秋人の家は喫茶店をやっている。駅からほどよく近いので学校帰りの高校生で賑わっていた。
「あきとぉ、今日のメニューはー?」
「今日は秋期限定メニューだよ。その名もスイートマロンパフェ!」
メニュー名と共に現物を披露する秋人。
「へー、栗とさつまいもなー」
翼は早速パフェを食べる。
「うめえー!スイートポテトうめー!」
「実はさ、このパフェの原案考えてくれたの隣のクラスの子なんだ。最近よく来てくれて」
「へー」
翼のスプーンは止まらない。
「翼、いつからあの子達と友達だったの?」
「ん???」
そこでやっとスプーンが止まった。
「隣のクラスの??誰?」
「えっとね、秋山さんと河野さん」
「あっ、その二人か!夏休み入ってすぐくらいかな、色々あって仲良くなったんだ」
翼はパフェを最後まできれいに食べ終えると席を立った。
「秋人、調理場ちょっと貸してくれよ」
「なにか作るの?ちょっと待ってて。父さんに聞いてくる」
秋人の父親から許可をもらうと、翼は調理場でなにか作り始めた。
透はマンションの駐輪場にバイクを停めた。
(翼くん、まだ帰ってきてないかな……。
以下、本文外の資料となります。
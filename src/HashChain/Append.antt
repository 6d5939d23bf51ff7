-- ===== src/HashChain/Append.antt =====
-- Appending to a chain that verifies.
use Prim.Native.String.{String}
use fpl_radar.Prelude.{
  Bool, ℕ, ◌+◌, ◌≤◌, ◌≡◌, refl, sym, ap, subst, Option, none, some, List, [], ◌∷◌, ◌++◌, ==_iff,
  length, length-append, All, All-of_mem, All-mem, arith,
}
use fpl_radar.Prelude.Sort.{sort_by, sort_by-append, mem-sort_by}
use fpl_radar.Prelude.Texts.{same_text_iff}
use fpl_radar.Winner.Inputs.{map_get}
use fpl_radar.HashChain.{
  genesis, Body, Action, Snapshot, Pointer, Fields, seq_after, hash_after, next_body, valid,
  invalid, by_seq, last_action, check_pointer, check_snapshot, check_action, walk, no_snapshots,
  verify_with, verify_chain, next_action,
}
use fpl_radar.HashChain.Laws.{
  end_hash, Linked, walk-Linked, step_valid, verified, check_pointer_head,
}

-- The pointer that is stored with an action.
abbrev pub pointer_to : {F : Type 0} → Action F → Pointer
pointer_to a = record {
  head_seq = a.body.seq;
  head_hash = a.hash;
  current_snapshot_id = a.body.new_snapshot_id;
}

last_action-append :
    {F : Type 0} → (xs : List (Action F)) (a : Action F) → last_action (xs ++ a ∷ []) ≡ some a
last_action-append [] a = refl
last_action-append (x ∷ xs) a =
    ap (λ o. elim o [ none ↦ some x | some z ↦ some z ]) (last_action-append xs a)

module _ {F S : Type 0} (action_hash : Body F → String) (snapshot_hash : S → String) where
  pub Linked-below :
      (i : ℕ) (prev : String) (xs : List (Action F))
      → Linked action_hash snapshot_hash i prev xs
      → All (λ x. x.body.seq ≤ i + length xs) xs
  Linked-below i prev [] l = tt
  Linked-below i prev (x ∷ xs) (h, l) = (
    omega (arith, h.numbered),
    All-of_mem xs (λ y m.
        let b =
          All-mem (λ z. z.body.seq ≤ i + 1 + length xs) xs (Linked-below (i + 1) x.hash xs l) m in
        omega arith),
  )

  walk-append :
      (given_none : Bool) (snaps : List (ℕ × Snapshot S)) (i : ℕ) (prev : String)
      (xs : List (Action F)) (a : Action F)
      → walk action_hash snapshot_hash given_none snaps i prev xs ≡ valid
      → check_action action_hash snapshot_hash given_none snaps (i + length xs) (end_hash prev xs) a
        ≡ valid
      → walk action_hash snapshot_hash given_none snaps i prev (xs ++ a ∷ []) ≡ valid
  unfolding walk
  walk-append given_none snaps i prev [] a h c =
      ap (λ v. elim v [ valid ↦ valid | invalid n r ↦ invalid n r ])
        (subst (λ n. check_action action_hash snapshot_hash given_none snaps n prev a ≡ valid)
          (omega arith) c)
  walk-append given_none snaps i prev (x ∷ xs) a h c =
      let (d, k) =
        step_valid action_hash snapshot_hash
          (check_action action_hash snapshot_hash given_none snaps i prev x) _ h in
      rw (d, walk)
        (walk-append given_none snaps (i + 1) x.hash xs a k (
          subst
            (λ n.
              check_action action_hash snapshot_hash given_none snaps n (end_hash x.hash xs) a
              ≡ valid)
            (omega arith) c))

  next-checked :
      (given_none : Bool) (snaps : List (ℕ × Snapshot S)) (i : ℕ) (prev : String)
      (head : Option Pointer) (f : Fields F) (s : Snapshot S)
      → seq_after head ≡ i
      → hash_after head ≡ prev
      → map_get f.snapshot_id snaps ≡ some s
      → s.content_hash ≡ snapshot_hash s.content
      → f.snapshot_hash ≡ s.content_hash
      → check_action action_hash snapshot_hash given_none snaps i prev
          (next_action action_hash snapshot_hash head f)
        ≡ valid
  unfolding check_action next_action
  next-checked given_none snaps i prev head f s n p g c k =
      rw (g, check_snapshot)
        (ground (
          arith,
          same_text_iff (hash_after head) prev,
          ==_iff (seq_after head + 1) (i + 1),
          same_text_iff (action_hash (next_body head f)) (action_hash (next_body head f)),
          same_text_iff s.content_hash (snapshot_hash s.content),
          same_text_iff f.snapshot_hash (snapshot_hash s.content),
        ))

  pub head_state :
      (xs : List (Action F)) (head : Option Pointer)
      → (head ≡ none → xs ≡ [])
      → check_pointer (length xs) (last_action xs) head ≡ valid
      → (seq_after head ≡ length xs) × (hash_after head ≡ end_hash genesis xs)
  head_state xs none e h = let q = e refl in (sym (ap length q), sym (ap (end_hash genesis) q))
  head_state xs (some p) e h = check_pointer_head action_hash snapshot_hash xs p genesis h

  appended_pointer :
      (xs : List (Action F)) (a : Action F)
      → a.body.seq ≡ length xs + 1
      → check_pointer (length (xs ++ a ∷ [])) (last_action (xs ++ a ∷ [])) (some (pointer_to a))
        ≡ valid
  unfolding check_pointer
  appended_pointer xs a n = rw (last_action-append xs a) (
      ground (
        arith,
        length-append xs (a ∷ []),
        same_text_iff a.hash a.hash,
        ==_iff a.body.seq (length (xs ++ a ∷ [])),
        ==_iff a.body.new_snapshot_id a.body.new_snapshot_id,
      ))

  pub next_verifies :
      (given_none : Bool) (actions : List (Action F)) (snaps : List (ℕ × Snapshot S))
      (head : Option Pointer) (f : Fields F) (s : Snapshot S)
      → (head ≡ none → actions ≡ [])
      → map_get f.snapshot_id snaps ≡ some s
      → s.content_hash ≡ snapshot_hash s.content
      → f.snapshot_hash ≡ s.content_hash
      → verify_with action_hash snapshot_hash given_none actions snaps head ≡ valid
      → let a = next_action action_hash snapshot_hash head f in
        verify_with action_hash snapshot_hash given_none
          (actions ++ a ∷ [])
          snaps
          (some (pointer_to a))
        ≡ valid
  unfolding verify_with next_action
  next_verifies given_none actions snaps head f s none_empty g c k h =
      let sorted = sort_by by_seq actions in
      let a = next_action action_hash snapshot_hash head f in
      let (w, p) = verified action_hash snapshot_hash given_none actions snaps head h in
      let (n, e) = head_state sorted head (λ q. ap (sort_by by_seq) (none_empty q)) p in
      let below =
        Linked-below 0 genesis sorted
          (walk-Linked action_hash snapshot_hash given_none snaps 0 genesis sorted w) in
      let last : sort_by by_seq (actions ++ a ∷ []) ≡ sorted ++ a ∷ [] =
        sort_by-append by_seq actions a (
          All-of_mem actions (λ x m.
            let b =
              All-mem (λ z. z.body.seq ≤ 0 + length sorted) sorted below
                (mem-sort_by by_seq actions m) in
            ground arith)) in
      let walked = walk-append given_none snaps 0 genesis sorted a w (
        next-checked given_none snaps (0 + length sorted) (end_hash genesis sorted) head f s
          (omega arith) e g c k) in
      joined (pointer_to a) (sort_by by_seq (actions ++ a ∷ []))
        (subst (λ l. walk action_hash snapshot_hash given_none snaps 0 genesis l ≡ valid) (sym last)
          walked)
        (subst (λ l. check_pointer (length l) (last_action l) (some (pointer_to a)) ≡ valid)
          (sym last) (appended_pointer sorted a (omega arith)))
    where
      joined :
          (p : Pointer) (xs : List (Action F))
          → walk action_hash snapshot_hash given_none snaps 0 genesis xs ≡ valid
          → check_pointer (length xs) (last_action xs) (some p) ≡ valid
          → elim (walk action_hash snapshot_hash given_none snaps 0 genesis xs) [
            | valid ↦ check_pointer (length xs) (last_action xs) (some p)
            | invalid n r ↦ invalid n r
          ]
            ≡ valid
      joined p xs w h = rw w h

  -- Appending the action that `nextAction` builds on the head of a log that verifies, with a stored
  -- snapshot whose content hash is right and is the one named, gives a log that verifies against the
  -- new head; an empty log has no head.
  pub next_action_verifies :
      (actions : List (Action F)) (snaps : List (ℕ × Snapshot S)) (head : Option Pointer)
      (f : Fields F) (s : Snapshot S)
      → (head ≡ none → actions ≡ [])
      → map_get f.snapshot_id snaps ≡ some s
      → s.content_hash ≡ snapshot_hash s.content
      → f.snapshot_hash ≡ s.content_hash
      → verify_chain action_hash snapshot_hash actions snaps head ≡ valid
      → let a = next_action action_hash snapshot_hash head f in
        verify_chain action_hash snapshot_hash (actions ++ a ∷ []) snaps (some (pointer_to a))
        ≡ valid
  unfolding verify_chain
  next_action_verifies actions snaps head f s none_empty g c k h =
      next_verifies (no_snapshots snaps) actions snaps head f s none_empty g c k h
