-- ===== src/FinalizeGate.antt =====
-- server/src/services/resultModel.js, `evaluateFinalizeGate`: the gate of a finalization on the inputs
-- that the result service has loaded. Ids of runs are numbers.
pub mod Laws
use fpl_radar.Prelude.{
  ℕ, Bool, true, false, ◌&&◌, not, Option, none, some, List, [], ◌∷◌, ◌++◌, map, if◌then◌else◌,
  ◌==◌, any, keep, length,
}
use fpl_radar.Prelude.Int.{ℤ, pos, ltb_ℤ}
use fpl_radar.Constants.{
  PointsSemantics, gross_before_hits, net_after_hits, unverified, conflicted, ReconciliationStatus,
  is_reconciled, EventState,
}
use fpl_radar.Eligibility.{Member, IneligibleReason, select_eligible}
use fpl_radar.EventState.{
  FinalizeBlockReason, ResultStatus, SyncRunStatus, EligibleRow, GateContext, row_reconciled,
  finalize_reasons, can_finalize,
}
use fpl_radar.Winner.Inputs.{GwRow, map_get, map_has}

pub record Freshness : Type 0 where
  pub entry_id : ℕ
  pub sync_run_id : Option ℕ
  pub sync_run_started_at : Option ℕ
  pub sync_run_status : Option SyncRunStatus

-- The part of the loaded inputs that the gate reads.
pub record GateInputs : Type 0 where
  pub event : ℕ
  pub event_state : Option EventState
  pub members : List Member
  pub gw_rows : List GwRow
  pub freshness : List Freshness
  pub group_active : Bool
  pub data_checked_observed_at : Option ℕ

pub record GateRequest : Type 0 where
  pub result_status : Option ResultStatus
  pub finalize_run_id : Option ℕ
  pub season_semantics : PointsSemantics

pub data GateReason : Type 0 where
  gate : FinalizeBlockReason → GateReason
  semantics_conflicted semantics_unverified semantics_mismatch : GateReason

pub record GateResult : Type 0 where
  pub allowed : Bool
  pub reasons : List GateReason
  pub eligible : List ℕ
  pub ineligible : List (ℕ × IneligibleReason)
  pub not_confirmed : List ℕ
  pub unreconciled : List (ℕ × Option ReconciliationStatus)

abbrev row_entry : GwRow → ℕ × GwRow
row_entry r = (r.entry_id, r)

abbrev pub gate_rows : GateInputs → List (ℕ × GwRow)
gate_rows i = map row_entry i.gw_rows

abbrev fresh_entry : Freshness → ℕ × Freshness
fresh_entry f = (f.entry_id, f)

abbrev pub fresh_map : GateInputs → List (ℕ × Freshness)
fresh_map i = map fresh_entry i.freshness

unfoldable pub gate_eligible : GateInputs → List ℕ
gate_eligible i = (select_eligible i.members (map_has (gate_rows i)) i.event).eligible

-- `freshness.get(entryId) ?? { ...nulls }`
abbrev pub freshness_of : ℕ → Option Freshness → Freshness
freshness_of id none = record {
  entry_id = id;
  sync_run_id = none;
  sync_run_started_at = none;
  sync_run_status = none;
}
freshness_of id (some f) = f

-- `!finalizeRunId || f.syncRunId === finalizeRunId`
abbrev pub is_confirmed : Option ℕ → Option ℕ → Bool
is_confirmed none id = true
is_confirmed (some run) none = false
is_confirmed (some run) (some id) = id == run

abbrev pub status_of : Option GwRow → Option ReconciliationStatus
status_of none = none
status_of (some r) = some r.reconciliation_status

abbrev pub confirmed_at : GateInputs → GateRequest → ℕ → Bool
confirmed_at i q id =
    is_confirmed q.finalize_run_id (freshness_of id (map_get id (fresh_map i))).sync_run_id

unfoldable pub eligible_row : GateInputs → GateRequest → ℕ → EligibleRow
eligible_row i q id =
    let f = freshness_of id (map_get id (fresh_map i)) in
    record {
      entry_id = id;
      reconciliation_status = status_of (map_get id (gate_rows i));
      sync_run_started_at = if confirmed_at i q id then f.sync_run_started_at else none;
      sync_run_status = if confirmed_at i q id then f.sync_run_status else none;
    }

unfoldable pub gate_context : GateInputs → GateRequest → GateContext
unfolding gate_eligible eligible_row
gate_context i q = record {
  group_active = i.group_active;
  event_state = i.event_state;
  result_status = q.result_status;
  data_checked_observed_at = i.data_checked_observed_at;
  eligible_rows = map (eligible_row i q) (gate_eligible i);
}

-- `r && r.transferCost > 0 && isReconciled(r.reconciliationStatus)`
abbrev pub has_cost : Option ℤ → Bool
has_cost none = false
has_cost (some c) = ltb_ℤ (pos 0) c

abbrev pub is_hit_row : GwRow → Bool
is_hit_row r = has_cost r.transfer_cost && is_reconciled r.reconciliation_status

abbrev pub add_hit : Option GwRow → List GwRow → List GwRow
add_hit none rows = rows
add_hit (some r) rows = if is_hit_row r then r ∷ rows else rows

unfoldable pub hit_rows : List (ℕ × GwRow) → List ℕ → List GwRow
hit_rows rows [] = []
hit_rows rows (id ∷ ids) = add_hit (map_get id rows) (hit_rows rows ids)

abbrev semantics_index : PointsSemantics → ℕ
semantics_index gross_before_hits = 0
semantics_index net_after_hits = 1
semantics_index unverified = 2
semantics_index conflicted = 3

abbrev pub same_semantics : PointsSemantics → PointsSemantics → Bool
same_semantics a b = semantics_index a == semantics_index b

unfoldable pub semantics_reasons : PointsSemantics → List GwRow → List GateReason
semantics_reasons season [] = []
semantics_reasons conflicted (r ∷ rs) = semantics_conflicted ∷ []
semantics_reasons unverified (r ∷ rs) = semantics_unverified ∷ []
semantics_reasons season (r ∷ rs) =
    if any (λ x. not (same_semantics x.points_semantics season)) (r ∷ rs)
    then semantics_mismatch ∷ []
    else []

abbrev pub no_gate_reasons : List GateReason → Bool
no_gate_reasons [] = true
no_gate_reasons (r ∷ rs) = false

abbrev status_entry : EligibleRow → ℕ × Option ReconciliationStatus
status_entry r = (r.entry_id, r.reconciliation_status)

unfoldable pub evaluate_finalize_gate : GateInputs → GateRequest → GateResult
unfolding gate_context can_finalize hit_rows semantics_reasons
evaluate_finalize_gate i q =
    let c = gate_context i q in
    let reasons =
      map gate (can_finalize c).1
      ++ semantics_reasons q.season_semantics (hit_rows (gate_rows i) (gate_eligible i)) in
    record {
      allowed = no_gate_reasons reasons;
      reasons = reasons;
      eligible = gate_eligible i;
      ineligible = (select_eligible i.members (map_has (gate_rows i)) i.event).ineligible;
      not_confirmed = keep (λ id. not (confirmed_at i q id)) (gate_eligible i);
      unreconciled =
          map status_entry
            (keep (λ r. not (row_reconciled r.reconciliation_status)) c.eligible_rows);
    }
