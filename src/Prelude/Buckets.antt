-- ===== src/Prelude/Buckets.antt =====
-- Grouping with a `Map` from a number to an array, keys in order of first occurrence.
use mathlib.Core.List.{append-nil, append_assoc}
use mathlib.Core.List.Memᴰ
use fpl_radar.Prelude.{
  ◌≡◌, refl, sym, ap, ◌∙◌, List, [], ◌∷◌, ◌++◌, if◌then◌else◌, Bool-cases, inl, inr, ◌⊎◌, Memᴰ,
  keep, All-mem, All-of_mem, Ordered, arith, ◌≢◌, ◌↔◌,
}
use fpl_radar.Prelude.Int.{ℤ, eq_ℤ, eq_ℤ→eq, eq_ℤ_refl, eq_ℤ_iff}

abbrev pub Buckets : Type 0 → Type 0
Buckets A = List (ℤ × List A)

-- No key stands twice.
abbrev pub Distinct : List ℤ → Type 0
Distinct = Ordered (λ v w. v ≢ w)

module _ {A : Type 0} where
  -- `m.get(v)`, with no rows where the key is missing.
  unfoldable pub bucket : ℤ → Buckets A → List A
  bucket v [] = []
  bucket v ((w, rs) ∷ m) = if eq_ℤ v w then rs else bucket v m

  -- `if (!m.has(v)) m.set(v, []); m.get(v).push(row)`
  unfoldable pub push : ℤ → A → Buckets A → Buckets A
  push v r [] = (v, r ∷ []) ∷ []
  push v r ((w, rs) ∷ m) =
      let rest = push v r m in if eq_ℤ v w then (w, rs ++ r ∷ []) ∷ m else (w, rs) ∷ rest

  push_all : (A → ℤ) → Buckets A → List A → Buckets A
  push_all f m [] = m
  push_all f m (r ∷ rs) = push_all f (push (f r) r m) rs

  unfoldable pub buckets : (A → ℤ) → List A → Buckets A
  unfolding push_all push
  buckets f rs = push_all f [] rs

  -- `[...m.keys()]`
  unfoldable pub bucket_keys : Buckets A → List ℤ
  bucket_keys [] = []
  bucket_keys ((v, rs) ∷ m) = v ∷ bucket_keys m

  bucket-push :
      (w v : ℤ) (r : A) (m : Buckets A)
      → bucket w (push v r m) ≡ (if eq_ℤ w v then bucket w m ++ r ∷ [] else bucket w m)
  unfolding bucket push
  bucket-push w v r [] = refl
  bucket-push w v r ((u, rs) ∷ m) =
      ground (arith, eq_ℤ_iff v u, eq_ℤ_iff w u, eq_ℤ_iff w v, bucket-push w v r m)

  bucket-push_all :
      (f : A → ℤ) (w : ℤ) (m : Buckets A) (rs : List A)
      → bucket w (push_all f m rs) ≡ bucket w m ++ keep (λ r. eq_ℤ w (f r)) rs
  unfolding push_all
  bucket-push_all f w m [] = sym (append-nil (bucket w m))
  bucket-push_all f w m (r ∷ rs) = elim (Bool-cases (eq_ℤ w (f r))) [
    | inl e ↦
        bucket-push_all f w (push (f r) r m) rs
        ∙ rw (bucket-push, e) (append_assoc (bucket w m) (r ∷ []) (keep (λ x. eq_ℤ w (f x)) rs))
    | inr e ↦ bucket-push_all f w (push (f r) r m) rs ∙ rw (bucket-push, e) refl
  ]

  -- A bucket holds the rows with its key, in their order.
  pub bucket-buckets :
      (f : A → ℤ) (w : ℤ) (rs : List A) → bucket w (buckets f rs) ≡ keep (λ r. eq_ℤ w (f r)) rs
  unfolding buckets bucket
  bucket-buckets f w rs = bucket-push_all f w [] rs

  bucket_keys-push :
      (v : ℤ) (r : A) (m : Buckets A) (w : ℤ)
      → Memᴰ w (bucket_keys (push v r m)) ↔ ((w ≡ v) ⊎ Memᴰ w (bucket_keys m))
  unfolding bucket_keys push
  bucket_keys-push v r [] w =
      (Memᴰ.cases_cons, λ s. elim s [ inl e ↦ Memᴰ.head e | inr m ↦ Memᴰ.tail m ])
  bucket_keys-push v r ((u, rs) ∷ m) w = elim (Bool-cases (eq_ℤ v u)) [
    | inl e ↦ rw (e, push) (inr, λ s. elim s [ inl q ↦ Memᴰ.head (q ∙ eq_ℤ→eq v u e) | inr k ↦ k ])
    | inr e ↦
        rw (e, push)
          (
            λ k. elim (Memᴰ.cases_cons k) [
              | inl q ↦ inr (Memᴰ.head q)
              | inr k' ↦ elim ((bucket_keys-push v r m w).0 k') [
                | inl q ↦ inl q
                | inr z ↦ inr (Memᴰ.tail z)
              ]
            ],
            λ s. elim s [
              | inl q ↦ Memᴰ.tail ((bucket_keys-push v r m w).1 (inl q))
              | inr k ↦ elim (Memᴰ.cases_cons k) [
                | inl q ↦ Memᴰ.head q
                | inr z ↦ Memᴰ.tail ((bucket_keys-push v r m w).1 (inr z))
              ]
            ],
          )
  ]

  bucket_keys-push_all :
      (f : A → ℤ) (m : Buckets A) {r : A} (rs : List A)
      → Memᴰ r rs ⊎ Memᴰ (f r) (bucket_keys m)
      → Memᴰ (f r) (bucket_keys (push_all f m rs))
  unfolding push_all
  bucket_keys-push_all f m [] (inl k) = absurd (Memᴰ.not-nil k)
  bucket_keys-push_all f m [] (inr k) = k
  bucket_keys-push_all f m (x ∷ rs) (inl (Memᴰ.head q)) =
      bucket_keys-push_all f (push (f x) x m) rs
        (inr ((bucket_keys-push (f x) x m _).1 (inl (ap f q))))
  bucket_keys-push_all f m (x ∷ rs) (inl (Memᴰ.tail k)) =
      bucket_keys-push_all f (push (f x) x m) rs (inl k)
  bucket_keys-push_all f m (x ∷ rs) (inr k) =
      bucket_keys-push_all f (push (f x) x m) rs (inr ((bucket_keys-push (f x) x m _).1 (inr k)))

  -- Every row's value is a key.
  pub mem-bucket_keys :
      (f : A → ℤ) {r : A} (rs : List A) → Memᴰ r rs → Memᴰ (f r) (bucket_keys (buckets f rs))
  unfolding buckets
  mem-bucket_keys f rs k = bucket_keys-push_all f [] rs (inl k)

  bucket_keys-push-Distinct :
      (v : ℤ) (r : A) (m : Buckets A)
      → Distinct (bucket_keys m)
      → Distinct (bucket_keys (push v r m))
  unfolding bucket_keys push
  bucket_keys-push-Distinct v r [] h = (tt, tt)
  bucket_keys-push-Distinct v r ((u, rs) ∷ m) h = elim (Bool-cases (eq_ℤ v u)) [
    | inl e ↦ rw (e, push) h
    | inr e ↦
        rw (e, push)
          (
            All-of_mem (bucket_keys (push v r m)) (λ w k. elim ((bucket_keys-push v r m w).0 k) [
              | inl q ↦ λ p. cc (ap (eq_ℤ v) (p ∙ q), e, eq_ℤ_refl v)
              | inr z ↦ All-mem (λ x. u ≢ x) (bucket_keys m) h.0 z
            ]),
            bucket_keys-push-Distinct v r m h.1,
          )
  ]

  bucket_keys-push_all-Distinct :
      (f : A → ℤ) (m : Buckets A) (rs : List A)
      → Distinct (bucket_keys m)
      → Distinct (bucket_keys (push_all f m rs))
  unfolding push_all
  bucket_keys-push_all-Distinct f m [] h = h
  bucket_keys-push_all-Distinct f m (r ∷ rs) h =
      bucket_keys-push_all-Distinct f (push (f r) r m) rs (bucket_keys-push-Distinct (f r) r m h)

  pub bucket_keys-Distinct : (f : A → ℤ) (rs : List A) → Distinct (bucket_keys (buckets f rs))
  unfolding buckets bucket_keys
  bucket_keys-Distinct f rs = bucket_keys-push_all-Distinct f [] rs tt

  push_all-mem :
      (f : A → ℤ) (m : Buckets A) {v : ℤ} (rs : List A)
      → Memᴰ v (bucket_keys (push_all f m rs))
      → ((r : A) × Memᴰ r rs × (f r ≡ v)) ⊎ Memᴰ v (bucket_keys m)
  unfolding push_all
  push_all-mem f m [] k = inr k
  push_all-mem f m {v} (x ∷ rs) k = elim (push_all-mem f (push (f x) x m) rs k) [
    | inl (r, mr, q) ↦ inl (r, Memᴰ.tail mr, q)
    | inr k' ↦ elim ((bucket_keys-push (f x) x m v).0 k') [
      | inl q ↦ inl (x, Memᴰ.head refl, sym q)
      | inr z ↦ inr z
    ]
  ]

  -- Every key is the value of a row.
  pub bucket_keys-mem :
      (f : A → ℤ) {v : ℤ} (rs : List A)
      → Memᴰ v (bucket_keys (buckets f rs))
      → (r : A) × Memᴰ r rs × (f r ≡ v)
  unfolding buckets bucket_keys
  bucket_keys-mem f rs k = elim (push_all-mem f [] rs k) [
    | inl found ↦ found
    | inr z ↦ absurd (Memᴰ.not-nil z)
  ]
ていうか、妹さんかな……一人で大丈夫だろうか……)
翼の家のインターホンを押す。すぐに女の子の声が聞こえてきた。
『はーい!誰ですかー?』
「西屋です。翼くんは帰ってきましたか?」
『……あっ、でんわのお兄さんだ!まだかえってきてないよ!』
「うーん、そっか。じゃあ、ここで待たせてもらってもいいですか?」
『お外あつくない?入りなよ!あっ、でもおかあさんがしらない人おうちに入れちゃダメっていってた』
お母さんの言うことを聞くいい子だ……透は少し安心した。
『でも今おかあさんいないから入っていいよ。でもナイショね』
女の子はインターホンを切るとすぐに玄関のドアを開けた。前言撤回。とても不安だ。
小学校低学年くらいの女の子が一人で留守番している。こんな悩ましい状況の時に訪問してしまって、透は少し後悔していた。
「お兄さん入りなよ!どうぞごゆっくり!」
「えっ!?あの!ちょっと!!」
女の子は透の手をつかむ。透はあわてて靴を脱いで、家に上がった。
「お兄さんはお兄ちゃんのおともだち?お兄ちゃん今日はとうこう日なんだ」
「そうだったんだね。ごめんね、お兄さんがいないときに来ちゃって」
「お兄ちゃんがわるいんだよ。とうこう日おひるまでなのにかえってこないのはあそびいっちゃったからだもん!」
女の子はぷんぷん怒っている。透は話題を変えるべく、別の話を振った。
「そういえば、前に僕がここに来たときはいなかったね?」
「うん、まことね、おとうさんとおかあさんのところ行ってたんだ。お兄ちゃんはがっこうおわらないからって行かなかったの」
「お父さんとお母さんとは一緒に住んでないの?」
そういえば、翼は実質一人暮らしだと言っていた気がする。
「うん、アメリカでおしごとしてるの。おじいちゃんとおばあちゃんはイギリスにいるよ」
想像以上にワールドワイドだった。透は内心驚く。
「お兄さんは『とおる』ってお名前だよね!まことはまことだよ」
名乗っていなかったのを思い出したのか、真はさらっと自己紹介をした。
「じゃあ、まことちゃんは一人でアメリカまで行って、帰ってきたんだ。すごいね」
透が真の頭を撫でると、照れくさそうに笑った。
「あ、そうだ!おもてなししてない!お茶もってくる!」
唐突に真はキッチンへ走っていく。ほどなくして、お茶が半分くらい入ったポットを重そうに持ってきた。
「あー、危ない危ない」
透がポットを受けとると、真は次の行動に移る。
「お兄さんありがとう!コップもってくる!」
棚からグラスを2つ出し、テーブルに置いた。
「まことが入れてあげる!」
あのポットの運び方からしてちょっと無理がある。透はやんわりと止めた。
「ありがとう、でも大丈夫だよ。僕が入れるから」
透が2つのグラスにお茶を注いでいると、玄関のチャイムが鳴った。
「翼くん、帰ってきたかな?」
「お兄ちゃんだったらかぎあけて入ってくるよ!まこと見てくる!」
真はダッシュで玄関に向かった。